Collected data
*** Block opens ***
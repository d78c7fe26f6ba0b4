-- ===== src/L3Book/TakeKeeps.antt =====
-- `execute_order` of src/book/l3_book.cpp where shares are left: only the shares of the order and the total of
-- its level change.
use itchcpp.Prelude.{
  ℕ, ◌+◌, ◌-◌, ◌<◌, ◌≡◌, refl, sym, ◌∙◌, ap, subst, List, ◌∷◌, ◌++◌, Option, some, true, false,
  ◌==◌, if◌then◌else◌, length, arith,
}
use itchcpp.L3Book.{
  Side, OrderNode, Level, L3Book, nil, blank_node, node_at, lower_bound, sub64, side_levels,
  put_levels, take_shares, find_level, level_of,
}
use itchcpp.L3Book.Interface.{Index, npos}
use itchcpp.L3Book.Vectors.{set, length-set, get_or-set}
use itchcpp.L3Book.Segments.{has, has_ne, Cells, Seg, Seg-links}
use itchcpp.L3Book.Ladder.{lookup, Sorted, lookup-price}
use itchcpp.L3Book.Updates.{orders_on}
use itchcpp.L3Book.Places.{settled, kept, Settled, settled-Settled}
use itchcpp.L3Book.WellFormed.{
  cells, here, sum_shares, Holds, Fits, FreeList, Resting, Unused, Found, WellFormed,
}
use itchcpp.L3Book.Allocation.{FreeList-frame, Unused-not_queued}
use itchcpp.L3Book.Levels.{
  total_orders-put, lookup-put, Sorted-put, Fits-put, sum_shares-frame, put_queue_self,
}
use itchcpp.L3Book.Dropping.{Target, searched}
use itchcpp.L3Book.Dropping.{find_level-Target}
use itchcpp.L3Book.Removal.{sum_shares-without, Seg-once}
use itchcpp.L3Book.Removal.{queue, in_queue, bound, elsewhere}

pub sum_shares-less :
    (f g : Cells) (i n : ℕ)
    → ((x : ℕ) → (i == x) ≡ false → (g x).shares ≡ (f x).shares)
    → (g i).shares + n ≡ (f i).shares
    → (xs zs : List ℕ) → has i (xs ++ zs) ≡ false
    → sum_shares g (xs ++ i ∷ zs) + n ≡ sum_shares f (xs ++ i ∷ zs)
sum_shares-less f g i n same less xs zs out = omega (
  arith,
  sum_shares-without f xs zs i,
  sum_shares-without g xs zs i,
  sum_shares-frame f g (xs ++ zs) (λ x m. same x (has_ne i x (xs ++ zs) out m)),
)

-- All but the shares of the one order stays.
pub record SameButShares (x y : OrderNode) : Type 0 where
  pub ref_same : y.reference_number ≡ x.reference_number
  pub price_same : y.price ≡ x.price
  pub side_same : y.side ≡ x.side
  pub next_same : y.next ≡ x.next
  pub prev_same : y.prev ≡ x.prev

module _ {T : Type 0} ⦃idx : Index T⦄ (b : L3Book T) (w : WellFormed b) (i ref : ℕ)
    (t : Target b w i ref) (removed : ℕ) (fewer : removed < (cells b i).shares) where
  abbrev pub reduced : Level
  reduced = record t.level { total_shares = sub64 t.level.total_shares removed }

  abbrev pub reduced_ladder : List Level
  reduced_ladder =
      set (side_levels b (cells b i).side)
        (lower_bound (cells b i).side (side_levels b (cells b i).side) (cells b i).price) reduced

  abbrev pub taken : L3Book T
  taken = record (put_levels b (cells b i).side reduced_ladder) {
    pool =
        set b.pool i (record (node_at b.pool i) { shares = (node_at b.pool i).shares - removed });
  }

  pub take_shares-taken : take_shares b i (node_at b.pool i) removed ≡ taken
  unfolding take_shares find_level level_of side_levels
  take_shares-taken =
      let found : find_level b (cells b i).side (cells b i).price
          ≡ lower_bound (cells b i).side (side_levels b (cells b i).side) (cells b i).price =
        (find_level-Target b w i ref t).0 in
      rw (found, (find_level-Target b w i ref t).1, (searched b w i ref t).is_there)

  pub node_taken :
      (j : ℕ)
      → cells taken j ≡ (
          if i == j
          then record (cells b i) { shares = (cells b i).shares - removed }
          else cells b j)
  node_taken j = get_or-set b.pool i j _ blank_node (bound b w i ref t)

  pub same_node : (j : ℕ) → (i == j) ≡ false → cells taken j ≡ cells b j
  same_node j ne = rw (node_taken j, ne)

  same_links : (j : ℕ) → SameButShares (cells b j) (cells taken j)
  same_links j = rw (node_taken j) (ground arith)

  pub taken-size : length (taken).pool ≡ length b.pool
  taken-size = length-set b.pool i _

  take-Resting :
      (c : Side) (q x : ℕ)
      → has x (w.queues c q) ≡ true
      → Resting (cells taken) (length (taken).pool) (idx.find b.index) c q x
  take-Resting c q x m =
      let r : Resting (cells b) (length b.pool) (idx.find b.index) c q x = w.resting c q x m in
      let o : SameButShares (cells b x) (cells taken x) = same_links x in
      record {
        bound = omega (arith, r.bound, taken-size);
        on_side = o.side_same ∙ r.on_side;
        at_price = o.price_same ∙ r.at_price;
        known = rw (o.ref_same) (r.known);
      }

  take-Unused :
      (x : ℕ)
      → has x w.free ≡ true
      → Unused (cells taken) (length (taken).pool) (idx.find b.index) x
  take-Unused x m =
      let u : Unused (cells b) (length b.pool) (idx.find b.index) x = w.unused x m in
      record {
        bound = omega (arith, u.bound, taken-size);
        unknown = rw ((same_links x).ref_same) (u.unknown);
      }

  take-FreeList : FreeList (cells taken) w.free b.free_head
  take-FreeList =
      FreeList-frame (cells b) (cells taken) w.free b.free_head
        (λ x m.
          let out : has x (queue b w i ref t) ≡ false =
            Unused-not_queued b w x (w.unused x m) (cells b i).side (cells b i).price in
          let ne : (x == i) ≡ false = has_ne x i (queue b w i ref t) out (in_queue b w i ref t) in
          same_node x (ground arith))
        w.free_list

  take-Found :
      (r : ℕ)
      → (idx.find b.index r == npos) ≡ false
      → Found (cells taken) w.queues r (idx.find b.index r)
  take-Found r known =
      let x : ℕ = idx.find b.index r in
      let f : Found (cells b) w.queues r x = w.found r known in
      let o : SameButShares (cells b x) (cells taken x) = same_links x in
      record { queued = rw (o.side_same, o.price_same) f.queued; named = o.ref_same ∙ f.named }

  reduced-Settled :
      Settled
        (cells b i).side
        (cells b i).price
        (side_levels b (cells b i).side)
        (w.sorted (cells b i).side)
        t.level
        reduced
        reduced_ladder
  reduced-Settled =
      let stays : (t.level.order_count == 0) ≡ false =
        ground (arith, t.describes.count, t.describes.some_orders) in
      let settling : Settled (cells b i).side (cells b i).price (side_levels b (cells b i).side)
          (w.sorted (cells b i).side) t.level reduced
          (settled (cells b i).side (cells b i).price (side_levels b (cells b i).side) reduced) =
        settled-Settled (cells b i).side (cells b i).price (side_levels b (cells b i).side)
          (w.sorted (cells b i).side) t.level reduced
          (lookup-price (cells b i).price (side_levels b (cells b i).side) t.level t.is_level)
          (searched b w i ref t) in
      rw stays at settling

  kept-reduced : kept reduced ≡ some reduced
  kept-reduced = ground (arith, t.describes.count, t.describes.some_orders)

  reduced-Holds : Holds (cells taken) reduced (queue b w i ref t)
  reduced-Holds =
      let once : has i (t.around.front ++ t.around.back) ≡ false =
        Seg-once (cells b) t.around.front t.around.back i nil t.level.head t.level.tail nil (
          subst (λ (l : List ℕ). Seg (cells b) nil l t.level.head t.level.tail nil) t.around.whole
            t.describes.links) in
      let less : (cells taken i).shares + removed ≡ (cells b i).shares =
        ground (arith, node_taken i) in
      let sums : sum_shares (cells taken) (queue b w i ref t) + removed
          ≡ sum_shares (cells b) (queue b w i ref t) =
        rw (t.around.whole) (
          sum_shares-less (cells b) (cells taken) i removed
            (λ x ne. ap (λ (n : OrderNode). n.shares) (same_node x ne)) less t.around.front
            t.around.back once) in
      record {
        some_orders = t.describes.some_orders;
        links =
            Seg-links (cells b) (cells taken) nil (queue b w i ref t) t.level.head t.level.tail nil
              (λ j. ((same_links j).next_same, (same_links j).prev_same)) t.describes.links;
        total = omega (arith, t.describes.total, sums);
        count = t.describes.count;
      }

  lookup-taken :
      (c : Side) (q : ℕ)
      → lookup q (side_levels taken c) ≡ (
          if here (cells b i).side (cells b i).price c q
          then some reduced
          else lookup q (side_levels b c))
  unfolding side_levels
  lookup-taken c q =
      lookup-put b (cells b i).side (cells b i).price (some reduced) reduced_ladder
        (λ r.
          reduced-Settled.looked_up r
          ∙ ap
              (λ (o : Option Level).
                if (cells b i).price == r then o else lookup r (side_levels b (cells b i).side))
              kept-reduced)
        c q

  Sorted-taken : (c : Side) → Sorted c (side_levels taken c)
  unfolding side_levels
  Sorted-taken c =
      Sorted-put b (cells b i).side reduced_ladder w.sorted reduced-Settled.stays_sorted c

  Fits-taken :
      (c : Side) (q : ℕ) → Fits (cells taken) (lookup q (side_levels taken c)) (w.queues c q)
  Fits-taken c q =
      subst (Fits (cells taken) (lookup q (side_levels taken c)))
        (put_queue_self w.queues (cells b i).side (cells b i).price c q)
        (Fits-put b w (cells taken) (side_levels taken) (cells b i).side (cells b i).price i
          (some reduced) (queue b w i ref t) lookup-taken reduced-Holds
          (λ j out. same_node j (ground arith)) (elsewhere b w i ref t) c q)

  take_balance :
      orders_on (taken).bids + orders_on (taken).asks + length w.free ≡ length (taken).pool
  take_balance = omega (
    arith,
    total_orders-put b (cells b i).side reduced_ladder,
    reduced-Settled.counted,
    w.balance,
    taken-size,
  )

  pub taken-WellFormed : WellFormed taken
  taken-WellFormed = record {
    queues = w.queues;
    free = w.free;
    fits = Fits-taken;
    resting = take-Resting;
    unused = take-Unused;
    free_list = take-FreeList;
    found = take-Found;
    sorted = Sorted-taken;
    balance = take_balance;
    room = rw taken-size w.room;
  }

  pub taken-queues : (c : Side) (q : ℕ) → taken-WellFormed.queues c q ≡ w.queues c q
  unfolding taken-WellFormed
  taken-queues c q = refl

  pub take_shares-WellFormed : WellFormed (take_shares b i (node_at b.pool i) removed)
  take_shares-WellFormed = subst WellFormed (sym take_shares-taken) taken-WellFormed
*** Block closes ***
*** Block opens ***
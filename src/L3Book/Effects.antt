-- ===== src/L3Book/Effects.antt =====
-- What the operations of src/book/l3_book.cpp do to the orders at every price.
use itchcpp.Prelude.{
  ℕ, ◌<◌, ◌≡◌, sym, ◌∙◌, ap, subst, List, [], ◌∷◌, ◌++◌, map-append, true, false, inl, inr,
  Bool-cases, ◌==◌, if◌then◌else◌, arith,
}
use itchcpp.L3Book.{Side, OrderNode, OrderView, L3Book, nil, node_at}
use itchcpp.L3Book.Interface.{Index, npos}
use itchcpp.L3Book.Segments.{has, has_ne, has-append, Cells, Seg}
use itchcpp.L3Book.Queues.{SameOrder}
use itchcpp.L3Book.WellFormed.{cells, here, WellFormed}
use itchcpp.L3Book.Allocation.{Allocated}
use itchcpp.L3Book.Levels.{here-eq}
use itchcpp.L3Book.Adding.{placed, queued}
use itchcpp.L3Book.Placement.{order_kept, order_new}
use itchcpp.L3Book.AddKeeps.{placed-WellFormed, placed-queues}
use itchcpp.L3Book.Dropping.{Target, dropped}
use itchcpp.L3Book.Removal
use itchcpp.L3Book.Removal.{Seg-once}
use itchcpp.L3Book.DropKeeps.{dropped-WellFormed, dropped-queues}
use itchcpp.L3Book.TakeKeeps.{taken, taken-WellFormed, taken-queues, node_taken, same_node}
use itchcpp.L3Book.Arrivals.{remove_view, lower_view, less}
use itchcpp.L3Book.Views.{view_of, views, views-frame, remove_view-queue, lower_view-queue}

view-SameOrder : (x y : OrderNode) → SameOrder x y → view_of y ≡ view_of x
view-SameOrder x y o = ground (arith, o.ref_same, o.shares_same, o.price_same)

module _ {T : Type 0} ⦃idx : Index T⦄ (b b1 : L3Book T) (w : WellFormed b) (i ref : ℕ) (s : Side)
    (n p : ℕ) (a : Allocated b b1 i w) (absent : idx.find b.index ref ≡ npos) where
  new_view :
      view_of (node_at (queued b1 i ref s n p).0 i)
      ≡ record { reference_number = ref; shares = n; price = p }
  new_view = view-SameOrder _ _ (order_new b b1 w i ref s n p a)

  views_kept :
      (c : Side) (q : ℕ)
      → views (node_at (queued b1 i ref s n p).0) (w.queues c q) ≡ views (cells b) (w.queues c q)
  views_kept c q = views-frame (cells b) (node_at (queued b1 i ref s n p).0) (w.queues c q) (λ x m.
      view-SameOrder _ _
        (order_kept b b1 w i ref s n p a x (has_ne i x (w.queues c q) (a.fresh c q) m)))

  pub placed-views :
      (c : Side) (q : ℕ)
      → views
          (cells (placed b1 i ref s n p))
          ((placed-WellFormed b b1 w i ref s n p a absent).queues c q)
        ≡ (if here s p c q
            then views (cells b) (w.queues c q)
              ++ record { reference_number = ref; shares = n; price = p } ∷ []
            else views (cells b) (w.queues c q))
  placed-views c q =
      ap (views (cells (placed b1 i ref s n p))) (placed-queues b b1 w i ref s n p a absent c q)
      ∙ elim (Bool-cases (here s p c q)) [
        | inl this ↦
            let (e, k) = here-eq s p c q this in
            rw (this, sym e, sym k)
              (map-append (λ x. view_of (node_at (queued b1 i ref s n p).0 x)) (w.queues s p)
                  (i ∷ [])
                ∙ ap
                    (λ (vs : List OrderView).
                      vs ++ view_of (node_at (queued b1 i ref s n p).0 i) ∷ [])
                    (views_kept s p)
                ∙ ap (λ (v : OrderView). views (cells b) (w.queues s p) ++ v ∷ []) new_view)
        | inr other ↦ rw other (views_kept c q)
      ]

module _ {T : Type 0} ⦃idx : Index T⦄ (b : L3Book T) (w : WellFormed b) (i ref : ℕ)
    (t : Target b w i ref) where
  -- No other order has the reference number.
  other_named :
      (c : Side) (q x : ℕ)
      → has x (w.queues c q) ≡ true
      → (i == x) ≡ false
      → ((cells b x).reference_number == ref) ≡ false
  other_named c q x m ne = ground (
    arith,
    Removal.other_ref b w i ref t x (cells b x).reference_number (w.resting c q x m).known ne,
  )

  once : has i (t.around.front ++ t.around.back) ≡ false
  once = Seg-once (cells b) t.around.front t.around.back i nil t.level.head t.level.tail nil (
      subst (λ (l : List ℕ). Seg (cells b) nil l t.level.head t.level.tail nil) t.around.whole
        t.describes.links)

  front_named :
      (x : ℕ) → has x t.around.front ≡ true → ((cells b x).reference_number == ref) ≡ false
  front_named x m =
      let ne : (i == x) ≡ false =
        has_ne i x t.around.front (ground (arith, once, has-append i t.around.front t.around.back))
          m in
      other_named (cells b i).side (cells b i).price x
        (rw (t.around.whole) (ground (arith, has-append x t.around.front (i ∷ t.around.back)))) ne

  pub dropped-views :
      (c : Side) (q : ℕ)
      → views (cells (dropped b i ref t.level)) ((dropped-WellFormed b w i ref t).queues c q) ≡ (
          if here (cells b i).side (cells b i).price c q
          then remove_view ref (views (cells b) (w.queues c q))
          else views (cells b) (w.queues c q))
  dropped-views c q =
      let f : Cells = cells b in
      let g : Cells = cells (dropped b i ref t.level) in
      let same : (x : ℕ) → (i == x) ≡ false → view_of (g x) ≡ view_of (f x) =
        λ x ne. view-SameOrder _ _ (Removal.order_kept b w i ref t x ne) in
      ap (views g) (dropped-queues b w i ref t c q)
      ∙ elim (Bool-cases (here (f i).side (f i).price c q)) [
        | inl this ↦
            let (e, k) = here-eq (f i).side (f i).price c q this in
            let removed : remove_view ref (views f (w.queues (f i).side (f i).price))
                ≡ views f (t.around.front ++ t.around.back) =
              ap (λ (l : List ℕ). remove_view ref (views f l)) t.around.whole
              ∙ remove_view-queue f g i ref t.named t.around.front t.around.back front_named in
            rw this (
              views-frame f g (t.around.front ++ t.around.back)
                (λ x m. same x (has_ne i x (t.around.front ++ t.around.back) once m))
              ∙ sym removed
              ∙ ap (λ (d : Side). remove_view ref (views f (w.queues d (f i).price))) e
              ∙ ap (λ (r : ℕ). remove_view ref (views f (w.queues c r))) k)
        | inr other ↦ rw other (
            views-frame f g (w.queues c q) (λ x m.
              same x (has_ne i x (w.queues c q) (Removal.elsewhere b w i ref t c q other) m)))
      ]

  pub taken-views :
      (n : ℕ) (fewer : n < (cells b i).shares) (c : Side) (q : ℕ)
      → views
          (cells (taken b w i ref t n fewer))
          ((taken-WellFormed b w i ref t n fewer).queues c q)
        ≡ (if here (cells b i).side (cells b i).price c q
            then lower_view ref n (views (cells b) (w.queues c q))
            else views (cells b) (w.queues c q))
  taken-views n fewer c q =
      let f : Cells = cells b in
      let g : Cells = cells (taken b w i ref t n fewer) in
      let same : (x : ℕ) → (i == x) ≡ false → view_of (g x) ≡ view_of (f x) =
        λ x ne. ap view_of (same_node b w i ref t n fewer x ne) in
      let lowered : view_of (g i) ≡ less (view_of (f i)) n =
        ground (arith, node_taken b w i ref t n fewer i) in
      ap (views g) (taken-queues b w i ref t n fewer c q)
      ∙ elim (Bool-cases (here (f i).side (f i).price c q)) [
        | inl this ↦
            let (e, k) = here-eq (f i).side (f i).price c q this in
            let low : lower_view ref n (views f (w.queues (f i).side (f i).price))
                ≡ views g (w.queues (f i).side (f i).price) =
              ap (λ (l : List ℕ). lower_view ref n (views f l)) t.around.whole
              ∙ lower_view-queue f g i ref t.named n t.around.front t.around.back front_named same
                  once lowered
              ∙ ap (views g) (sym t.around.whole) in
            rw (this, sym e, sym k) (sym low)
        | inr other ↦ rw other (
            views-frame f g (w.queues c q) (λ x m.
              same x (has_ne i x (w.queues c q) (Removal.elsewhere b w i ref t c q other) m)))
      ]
*** Block closes ***
*** Block opens ***
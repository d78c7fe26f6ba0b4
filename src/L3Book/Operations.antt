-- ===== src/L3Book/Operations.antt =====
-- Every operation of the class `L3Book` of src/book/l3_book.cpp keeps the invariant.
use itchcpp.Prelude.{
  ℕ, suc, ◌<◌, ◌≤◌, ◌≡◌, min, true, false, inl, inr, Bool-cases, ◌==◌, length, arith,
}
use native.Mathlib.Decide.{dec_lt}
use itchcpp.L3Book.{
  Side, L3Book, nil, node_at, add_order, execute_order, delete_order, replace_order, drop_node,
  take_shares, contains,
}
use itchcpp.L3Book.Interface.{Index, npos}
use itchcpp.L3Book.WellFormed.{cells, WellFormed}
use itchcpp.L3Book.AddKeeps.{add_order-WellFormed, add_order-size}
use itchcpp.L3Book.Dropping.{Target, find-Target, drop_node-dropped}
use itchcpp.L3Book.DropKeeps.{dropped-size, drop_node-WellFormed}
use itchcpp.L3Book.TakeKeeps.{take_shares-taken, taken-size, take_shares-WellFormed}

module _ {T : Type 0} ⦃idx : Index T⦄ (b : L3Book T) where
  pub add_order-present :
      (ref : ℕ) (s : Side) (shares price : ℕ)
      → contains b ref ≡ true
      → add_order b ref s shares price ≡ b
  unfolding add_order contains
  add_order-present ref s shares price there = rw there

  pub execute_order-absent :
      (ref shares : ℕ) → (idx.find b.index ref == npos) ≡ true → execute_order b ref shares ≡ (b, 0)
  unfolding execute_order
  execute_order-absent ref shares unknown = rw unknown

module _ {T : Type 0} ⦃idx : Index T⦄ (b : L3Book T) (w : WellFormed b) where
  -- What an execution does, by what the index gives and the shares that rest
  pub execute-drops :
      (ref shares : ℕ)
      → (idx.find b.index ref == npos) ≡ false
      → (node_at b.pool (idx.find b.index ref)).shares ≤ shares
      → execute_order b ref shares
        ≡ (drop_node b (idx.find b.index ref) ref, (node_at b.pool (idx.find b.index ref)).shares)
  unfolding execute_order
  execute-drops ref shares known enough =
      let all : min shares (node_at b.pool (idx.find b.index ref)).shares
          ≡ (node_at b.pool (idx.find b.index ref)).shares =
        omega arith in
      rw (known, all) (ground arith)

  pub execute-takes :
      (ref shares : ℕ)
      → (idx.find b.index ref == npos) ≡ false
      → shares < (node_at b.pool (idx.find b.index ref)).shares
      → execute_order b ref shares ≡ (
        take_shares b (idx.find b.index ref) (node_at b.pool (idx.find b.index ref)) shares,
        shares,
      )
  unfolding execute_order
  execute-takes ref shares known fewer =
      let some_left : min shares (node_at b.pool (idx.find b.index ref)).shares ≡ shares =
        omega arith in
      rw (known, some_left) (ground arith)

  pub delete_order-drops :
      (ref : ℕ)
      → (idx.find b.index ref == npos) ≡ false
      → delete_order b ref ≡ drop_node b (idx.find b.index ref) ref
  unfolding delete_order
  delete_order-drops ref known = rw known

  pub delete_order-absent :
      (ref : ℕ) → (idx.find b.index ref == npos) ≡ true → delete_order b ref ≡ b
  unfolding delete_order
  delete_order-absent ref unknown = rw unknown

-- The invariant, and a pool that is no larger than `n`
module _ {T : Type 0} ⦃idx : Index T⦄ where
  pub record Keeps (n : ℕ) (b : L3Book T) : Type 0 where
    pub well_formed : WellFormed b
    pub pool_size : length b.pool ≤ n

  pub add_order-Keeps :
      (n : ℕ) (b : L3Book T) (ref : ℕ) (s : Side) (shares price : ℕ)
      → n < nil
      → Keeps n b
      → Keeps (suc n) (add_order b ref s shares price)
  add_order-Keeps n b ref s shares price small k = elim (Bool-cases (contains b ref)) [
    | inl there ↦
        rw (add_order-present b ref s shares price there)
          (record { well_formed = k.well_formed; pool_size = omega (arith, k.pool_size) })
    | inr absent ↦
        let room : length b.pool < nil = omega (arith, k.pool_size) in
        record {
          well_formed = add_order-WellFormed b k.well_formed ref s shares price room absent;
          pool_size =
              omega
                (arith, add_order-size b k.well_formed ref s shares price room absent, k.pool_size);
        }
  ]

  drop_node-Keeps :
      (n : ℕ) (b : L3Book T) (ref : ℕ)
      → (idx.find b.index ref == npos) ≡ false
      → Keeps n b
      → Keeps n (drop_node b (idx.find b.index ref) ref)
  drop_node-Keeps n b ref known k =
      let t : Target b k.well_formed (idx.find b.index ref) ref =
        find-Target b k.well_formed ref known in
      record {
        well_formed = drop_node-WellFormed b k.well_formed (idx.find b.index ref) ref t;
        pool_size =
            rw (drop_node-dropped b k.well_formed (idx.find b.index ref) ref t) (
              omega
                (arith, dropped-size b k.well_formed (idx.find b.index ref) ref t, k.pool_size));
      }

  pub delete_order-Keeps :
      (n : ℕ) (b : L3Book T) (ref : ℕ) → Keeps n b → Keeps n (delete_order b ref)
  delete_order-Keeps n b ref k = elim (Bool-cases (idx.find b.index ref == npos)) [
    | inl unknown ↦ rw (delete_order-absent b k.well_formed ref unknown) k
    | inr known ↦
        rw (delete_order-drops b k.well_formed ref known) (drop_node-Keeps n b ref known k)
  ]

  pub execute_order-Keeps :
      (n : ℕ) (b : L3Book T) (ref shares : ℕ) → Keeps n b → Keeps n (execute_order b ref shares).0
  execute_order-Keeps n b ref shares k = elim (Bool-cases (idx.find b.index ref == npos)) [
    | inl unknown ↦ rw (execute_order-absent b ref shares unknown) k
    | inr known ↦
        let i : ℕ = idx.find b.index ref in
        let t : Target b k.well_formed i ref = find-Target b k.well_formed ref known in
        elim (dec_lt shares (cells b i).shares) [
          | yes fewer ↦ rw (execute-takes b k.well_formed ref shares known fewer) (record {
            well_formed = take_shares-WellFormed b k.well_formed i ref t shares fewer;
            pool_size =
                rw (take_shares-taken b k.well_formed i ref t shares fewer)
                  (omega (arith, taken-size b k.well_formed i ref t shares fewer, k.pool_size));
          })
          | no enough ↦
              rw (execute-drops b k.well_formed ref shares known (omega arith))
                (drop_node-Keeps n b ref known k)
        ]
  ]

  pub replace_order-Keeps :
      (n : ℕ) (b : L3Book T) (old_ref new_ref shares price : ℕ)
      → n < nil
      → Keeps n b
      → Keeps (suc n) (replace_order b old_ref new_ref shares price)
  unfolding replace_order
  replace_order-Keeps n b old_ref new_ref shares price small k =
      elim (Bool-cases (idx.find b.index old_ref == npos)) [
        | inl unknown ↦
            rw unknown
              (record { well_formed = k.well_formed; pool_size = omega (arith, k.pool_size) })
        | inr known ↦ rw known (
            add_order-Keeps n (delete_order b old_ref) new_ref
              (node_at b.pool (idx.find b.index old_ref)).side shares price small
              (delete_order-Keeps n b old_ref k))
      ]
*** Block closes ***
> [REQUIRED ACTION]:
From the data above, output exactly the lines between the one containing "(n : ℕ) (fewer" and the one containing "t.around.back front_named same", counting both of them.

> [WRITTEN REPLY]:
      (n : ℕ) (fewer : n < (cells b i).shares) (c : Side) (q : ℕ)
      → views
          (cells (taken b w i ref t n fewer))
          ((taken-WellFormed b w i ref t n fewer).queues c q)
        ≡ (if here (cells b i).side (cells b i).price c q
            then lower_view ref n (views (cells b) (w.queues c q))
            else views (cells b) (w.queues c q))
  taken-views n fewer c q =
      let f : Cells = cells b in
      let g : Cells = cells (taken b w i ref t n fewer) in
      let same : (x : ℕ) → (i == x) ≡ false → view_of (g x) ≡ view_of (f x) =
        λ x ne. ap view_of (same_node b w i ref t n fewer x ne) in
      let lowered : view_of (g i) ≡ less (view_of (f i)) n =
        ground (arith, node_taken b w i ref t n fewer i) in
      ap (views g) (taken-queues b w i ref t n fewer c q)
      ∙ elim (Bool-cases (here (f i).side (f i).price c q)) [
        | inl this ↦
            let (e, k) = here-eq (f i).side (f i).price c q this in
            let low : lower_view ref n (views f (w.queues (f i).side (f i).price))
                ≡ views g (w.queues (f i).side (f i).price) =
              ap (λ (l : List ℕ). lower_view ref n (views f l)) t.around.whole
              ∙ lower_view-queue f g i ref t.named n t.around.front t.around.back front_named same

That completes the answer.